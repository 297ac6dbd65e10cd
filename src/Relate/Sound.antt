-- ===== src/Relate/Sound.antt =====
-- packages/relationship-claims/src/assemble.ts, `assembleRelationshipClaims`: the claims that it returns.
use matchline.Base.{
  inl, inr, List, [], Text, text_eq, Map, keys, values, All, All-sort, Bool-cases, Comparator, ltb,
  length,
}
use matchline.Domain.Ladder.{profile_lookup, prior_ssm}
use matchline.Relate.Types.{ClaimSubject, AssembleOptions}
use matchline.Relate.Order.{compare_assembled}
use matchline.Relate.Assemble.{Assembly, profile_lookup_table, prior_ssm_table}
use matchline.Relate.Tiers.{take_override, take_tags, take_learned}
use matchline.Relate.Family.{take_edge, group_families}
use matchline.Relate.Output.{
  dedupe_claims, claim_key, known_ids, profile, role_rules, by_asset_id, with_overrides, stating,
  with_stated, with_lookup, with_edges, with_families, with_learned, with_prior, assembly_of,
  subjects_of, empty_assembly, assemble_relationship_claims, model_source_file_of,
}
use matchline.Relate.Pairs.{
  IsPairClaim, Sound, for_each-keeps, AreKeyed, subjects_of-AreKeyed, values-known,
}
use matchline.Relate.StatedPairs.{
  take_override-Sound, take_subject-Sound, take_tags-Sound, take_learned-Sound,
}
use matchline.Relate.FamilyPairs.{take_edge-Sound, group_families-AreFamilies, take_families-Sound}
use matchline.Relate.Dedupe.{kept-All}

module _ (by_id : Map Text ClaimSubject) (keyed : AreKeyed by_id) (opts : AssembleOptions) where
  abbrev Holds : Assembly → Type 0
  Holds = Sound (known_ids by_id opts)

  overrides-Sound : (a : Assembly) → Holds a → Holds (with_overrides by_id opts a)
  overrides-Sound =
      for_each-keeps Holds (take_override (keys by_id) (profile by_id opts))
        (take_override-Sound (keys by_id) (profile by_id opts)) 0 opts.manual_overrides

  stated-Sound : (a : Assembly) → Holds a → Holds (with_stated by_id opts a)
  stated-Sound =
      for_each-keeps Holds (stating by_id opts)
        (take_subject-Sound (keys by_id) (model_source_file_of opts.model_source_file)
          opts.resolve_tag)
        0 (by_asset_id (values by_id))

  lookup-Sound : (a : Assembly) → Holds a → Holds (with_lookup by_id opts a)
  lookup-Sound =
      for_each-keeps Holds
        (take_tags (keys by_id) (profile by_id opts) opts.resolve_tag profile_lookup
          profile_lookup_table)
        (take_tags-Sound (keys by_id) (profile by_id opts) opts.resolve_tag profile_lookup
          profile_lookup_table)
        0 opts.profile_lookup

  edges-Sound : (a : Assembly) → Holds a → Holds (with_edges by_id opts a)
  edges-Sound =
      for_each-keeps Holds (take_edge by_id (role_rules by_id opts))
        (take_edge-Sound by_id keyed (role_rules by_id opts)) 0 opts.flow_edges

  families-Sound : (a : Assembly) → Holds a → Holds (with_families by_id opts a)
  families-Sound a s = elim (Bool-cases (ltb 0 (length (role_rules by_id opts)))) [
    | inr untaught ↦ rw untaught s
    | inl taught ↦ rw taught (
        take_families-Sound (keys by_id) (profile by_id opts) (role_rules by_id opts)
          (values (group_families [] (values by_id))) a
          (group_families-AreFamilies (keys by_id) [] (values by_id) (values-known by_id keyed) tt)
          s)
  ]

  learned-Sound : (a : Assembly) → Holds a → Holds (with_learned by_id opts a)
  learned-Sound =
      for_each-keeps Holds (take_learned (keys by_id) (profile by_id opts))
        (take_learned-Sound (keys by_id) (profile by_id opts)) 0 opts.learned

  prior-Sound : (a : Assembly) → Holds a → Holds (with_prior by_id opts a)
  prior-Sound =
      for_each-keeps Holds
        (take_tags (keys by_id) (profile by_id opts) opts.resolve_tag prior_ssm prior_ssm_table)
        (take_tags-Sound (keys by_id) (profile by_id opts) opts.resolve_tag prior_ssm
          prior_ssm_table)
        0 opts.prior_ssm

  abbrev stated_stage : Assembly
  stated_stage =
      with_lookup by_id opts (with_stated by_id opts (with_overrides by_id opts empty_assembly))

  stated_stage-Sound : Holds stated_stage
  stated_stage-Sound =
      lookup-Sound (with_stated by_id opts (with_overrides by_id opts empty_assembly)) (
        stated-Sound (with_overrides by_id opts empty_assembly)
          (overrides-Sound empty_assembly (tt, tt)))

  assembly-Sound : Holds (assembly_of by_id opts)
  unfolding assembly_of
  assembly-Sound =
      prior-Sound
        (with_learned by_id opts (with_families by_id opts (with_edges by_id opts stated_stage)))
        (learned-Sound (with_families by_id opts (with_edges by_id opts stated_stage)) (
          families-Sound (with_edges by_id opts stated_stage)
            (edges-Sound stated_stage stated_stage-Sound)))

-- Nothing is invented: whatever the rules and the tag resolution are, every claim that assembly
-- returns, structural or dependency, stands between two different assets of the input.
pub assemble-IsPairClaim :
    (by_confidence : Comparator Text) (subjects : List ClaimSubject) (opts : AssembleOptions)
    → All
        (IsPairClaim (keys (subjects_of subjects)))
        (assemble_relationship_claims by_confidence subjects opts).structural
      × All
          (IsPairClaim (keys (subjects_of subjects)))
          (assemble_relationship_claims by_confidence subjects opts).dependencies
unfolding assemble_relationship_claims dedupe_claims
assemble-IsPairClaim by_confidence subjects opts =
    let (s, d) = assembly-Sound (subjects_of subjects) (subjects_of-AreKeyed subjects) opts in
    (
      kept-All claim_key (IsPairClaim (keys (subjects_of subjects))) [] _
          (All-sort compare_assembled _ _ s),
      kept-All claim_key (IsPairClaim (keys (subjects_of subjects))) [] _
          (All-sort compare_assembled _ _ d),
    )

::::

* **To do**:
Extract, from the listing above, every line where the string "Comparator" occurs.

* **Written solution**:
  inl, inr, List, [], Text, text_eq, Map, keys, values, All, All-sort, Bool-cases, Comparator, ltb,
    (by_confidence : Comparator Text) (subjects : List ClaimSubject) (opts : AssembleOptions)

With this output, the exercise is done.